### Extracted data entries
***

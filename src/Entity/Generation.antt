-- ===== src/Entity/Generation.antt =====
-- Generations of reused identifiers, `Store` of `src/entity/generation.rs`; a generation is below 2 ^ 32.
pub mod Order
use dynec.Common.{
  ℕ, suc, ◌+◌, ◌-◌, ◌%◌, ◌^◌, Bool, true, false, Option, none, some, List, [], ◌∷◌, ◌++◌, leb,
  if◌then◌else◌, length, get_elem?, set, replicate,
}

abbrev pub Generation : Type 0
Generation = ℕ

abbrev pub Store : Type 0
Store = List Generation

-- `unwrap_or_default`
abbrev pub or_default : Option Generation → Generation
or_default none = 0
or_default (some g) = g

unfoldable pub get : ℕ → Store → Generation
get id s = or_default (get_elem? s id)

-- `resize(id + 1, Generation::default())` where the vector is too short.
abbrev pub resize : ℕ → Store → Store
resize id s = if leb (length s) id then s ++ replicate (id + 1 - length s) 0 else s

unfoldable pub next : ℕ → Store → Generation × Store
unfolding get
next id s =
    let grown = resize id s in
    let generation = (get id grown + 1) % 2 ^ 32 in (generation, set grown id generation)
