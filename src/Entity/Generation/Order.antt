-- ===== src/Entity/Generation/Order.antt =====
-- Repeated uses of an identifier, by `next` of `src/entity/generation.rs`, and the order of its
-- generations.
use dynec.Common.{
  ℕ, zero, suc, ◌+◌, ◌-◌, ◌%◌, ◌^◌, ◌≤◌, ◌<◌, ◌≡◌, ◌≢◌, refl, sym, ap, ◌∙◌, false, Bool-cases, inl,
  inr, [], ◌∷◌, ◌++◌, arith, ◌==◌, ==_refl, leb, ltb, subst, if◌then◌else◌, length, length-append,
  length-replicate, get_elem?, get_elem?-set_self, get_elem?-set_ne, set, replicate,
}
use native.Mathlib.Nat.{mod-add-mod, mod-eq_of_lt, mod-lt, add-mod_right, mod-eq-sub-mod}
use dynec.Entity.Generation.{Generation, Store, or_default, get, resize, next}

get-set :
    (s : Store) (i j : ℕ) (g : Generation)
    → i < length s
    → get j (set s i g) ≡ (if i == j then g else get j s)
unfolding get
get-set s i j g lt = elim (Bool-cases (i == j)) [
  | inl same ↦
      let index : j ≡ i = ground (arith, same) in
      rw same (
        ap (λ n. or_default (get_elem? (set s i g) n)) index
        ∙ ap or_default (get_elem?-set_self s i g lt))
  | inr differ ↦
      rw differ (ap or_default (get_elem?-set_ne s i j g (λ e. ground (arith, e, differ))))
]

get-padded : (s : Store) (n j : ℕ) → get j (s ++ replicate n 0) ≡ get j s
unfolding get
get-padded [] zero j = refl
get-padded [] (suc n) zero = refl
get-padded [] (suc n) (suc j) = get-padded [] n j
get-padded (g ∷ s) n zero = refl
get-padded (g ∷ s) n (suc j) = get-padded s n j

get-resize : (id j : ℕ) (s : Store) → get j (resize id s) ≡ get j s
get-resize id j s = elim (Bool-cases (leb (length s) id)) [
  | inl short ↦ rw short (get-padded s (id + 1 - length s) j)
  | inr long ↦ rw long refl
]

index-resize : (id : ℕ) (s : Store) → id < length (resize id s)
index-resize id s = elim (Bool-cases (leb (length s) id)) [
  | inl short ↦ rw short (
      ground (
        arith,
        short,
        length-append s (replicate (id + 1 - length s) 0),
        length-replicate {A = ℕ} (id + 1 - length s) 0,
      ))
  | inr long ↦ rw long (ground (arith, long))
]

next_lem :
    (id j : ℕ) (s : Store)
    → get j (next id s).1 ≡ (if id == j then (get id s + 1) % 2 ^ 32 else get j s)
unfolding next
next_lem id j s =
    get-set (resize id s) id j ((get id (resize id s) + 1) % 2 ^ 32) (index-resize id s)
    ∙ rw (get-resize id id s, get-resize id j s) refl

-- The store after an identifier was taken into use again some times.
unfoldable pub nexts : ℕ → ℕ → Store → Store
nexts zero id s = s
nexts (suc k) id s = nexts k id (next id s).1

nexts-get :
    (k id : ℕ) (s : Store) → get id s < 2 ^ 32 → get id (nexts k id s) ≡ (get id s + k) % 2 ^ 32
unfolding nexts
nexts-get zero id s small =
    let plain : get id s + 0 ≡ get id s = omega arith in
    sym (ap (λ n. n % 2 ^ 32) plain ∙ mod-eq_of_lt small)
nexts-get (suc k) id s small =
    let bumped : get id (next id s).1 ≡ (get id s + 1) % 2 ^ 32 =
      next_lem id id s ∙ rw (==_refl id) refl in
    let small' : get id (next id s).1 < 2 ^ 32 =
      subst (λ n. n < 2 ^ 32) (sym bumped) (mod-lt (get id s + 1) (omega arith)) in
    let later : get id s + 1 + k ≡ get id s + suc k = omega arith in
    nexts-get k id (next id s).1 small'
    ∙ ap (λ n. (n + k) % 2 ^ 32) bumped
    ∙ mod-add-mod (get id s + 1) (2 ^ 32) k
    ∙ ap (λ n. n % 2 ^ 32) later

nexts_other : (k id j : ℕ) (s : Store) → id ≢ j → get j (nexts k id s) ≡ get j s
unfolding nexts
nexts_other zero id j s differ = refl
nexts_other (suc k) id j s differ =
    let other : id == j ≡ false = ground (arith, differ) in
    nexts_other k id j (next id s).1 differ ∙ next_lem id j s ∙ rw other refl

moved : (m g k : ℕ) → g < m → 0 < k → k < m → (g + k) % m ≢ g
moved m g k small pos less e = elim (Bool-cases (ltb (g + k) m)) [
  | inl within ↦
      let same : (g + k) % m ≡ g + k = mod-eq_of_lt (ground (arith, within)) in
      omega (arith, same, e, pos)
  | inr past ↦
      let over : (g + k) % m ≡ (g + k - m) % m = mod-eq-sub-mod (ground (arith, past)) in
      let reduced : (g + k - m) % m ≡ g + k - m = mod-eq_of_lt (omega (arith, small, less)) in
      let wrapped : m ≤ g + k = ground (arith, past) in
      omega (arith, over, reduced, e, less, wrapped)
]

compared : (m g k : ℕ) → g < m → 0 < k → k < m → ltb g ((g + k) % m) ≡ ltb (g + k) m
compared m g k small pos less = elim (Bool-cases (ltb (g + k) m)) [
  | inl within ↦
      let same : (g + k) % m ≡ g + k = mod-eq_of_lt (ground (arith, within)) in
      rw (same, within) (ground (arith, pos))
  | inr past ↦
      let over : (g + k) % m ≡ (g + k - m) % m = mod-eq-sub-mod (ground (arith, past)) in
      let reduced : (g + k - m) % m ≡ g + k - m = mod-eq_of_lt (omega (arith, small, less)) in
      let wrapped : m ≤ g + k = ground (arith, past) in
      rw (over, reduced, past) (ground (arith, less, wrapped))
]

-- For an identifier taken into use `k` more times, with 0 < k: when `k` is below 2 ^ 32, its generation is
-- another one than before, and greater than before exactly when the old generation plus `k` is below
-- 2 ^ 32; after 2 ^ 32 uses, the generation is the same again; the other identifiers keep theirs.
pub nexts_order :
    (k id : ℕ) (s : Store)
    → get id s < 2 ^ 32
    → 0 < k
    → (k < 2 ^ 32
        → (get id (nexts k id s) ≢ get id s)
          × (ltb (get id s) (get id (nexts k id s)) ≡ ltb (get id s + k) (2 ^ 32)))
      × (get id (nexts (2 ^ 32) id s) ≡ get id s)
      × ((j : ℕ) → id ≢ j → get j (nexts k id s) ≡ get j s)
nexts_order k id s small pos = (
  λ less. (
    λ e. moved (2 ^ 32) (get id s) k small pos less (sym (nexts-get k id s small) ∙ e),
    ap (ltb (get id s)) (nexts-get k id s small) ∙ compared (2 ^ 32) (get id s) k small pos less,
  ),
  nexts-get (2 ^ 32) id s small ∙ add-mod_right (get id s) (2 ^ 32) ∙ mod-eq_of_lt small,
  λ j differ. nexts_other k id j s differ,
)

***

### AIM OF THE TASK
If a line of the records contains the word "padded", count it; give only the total.

### EXERCISE SOLUTION
7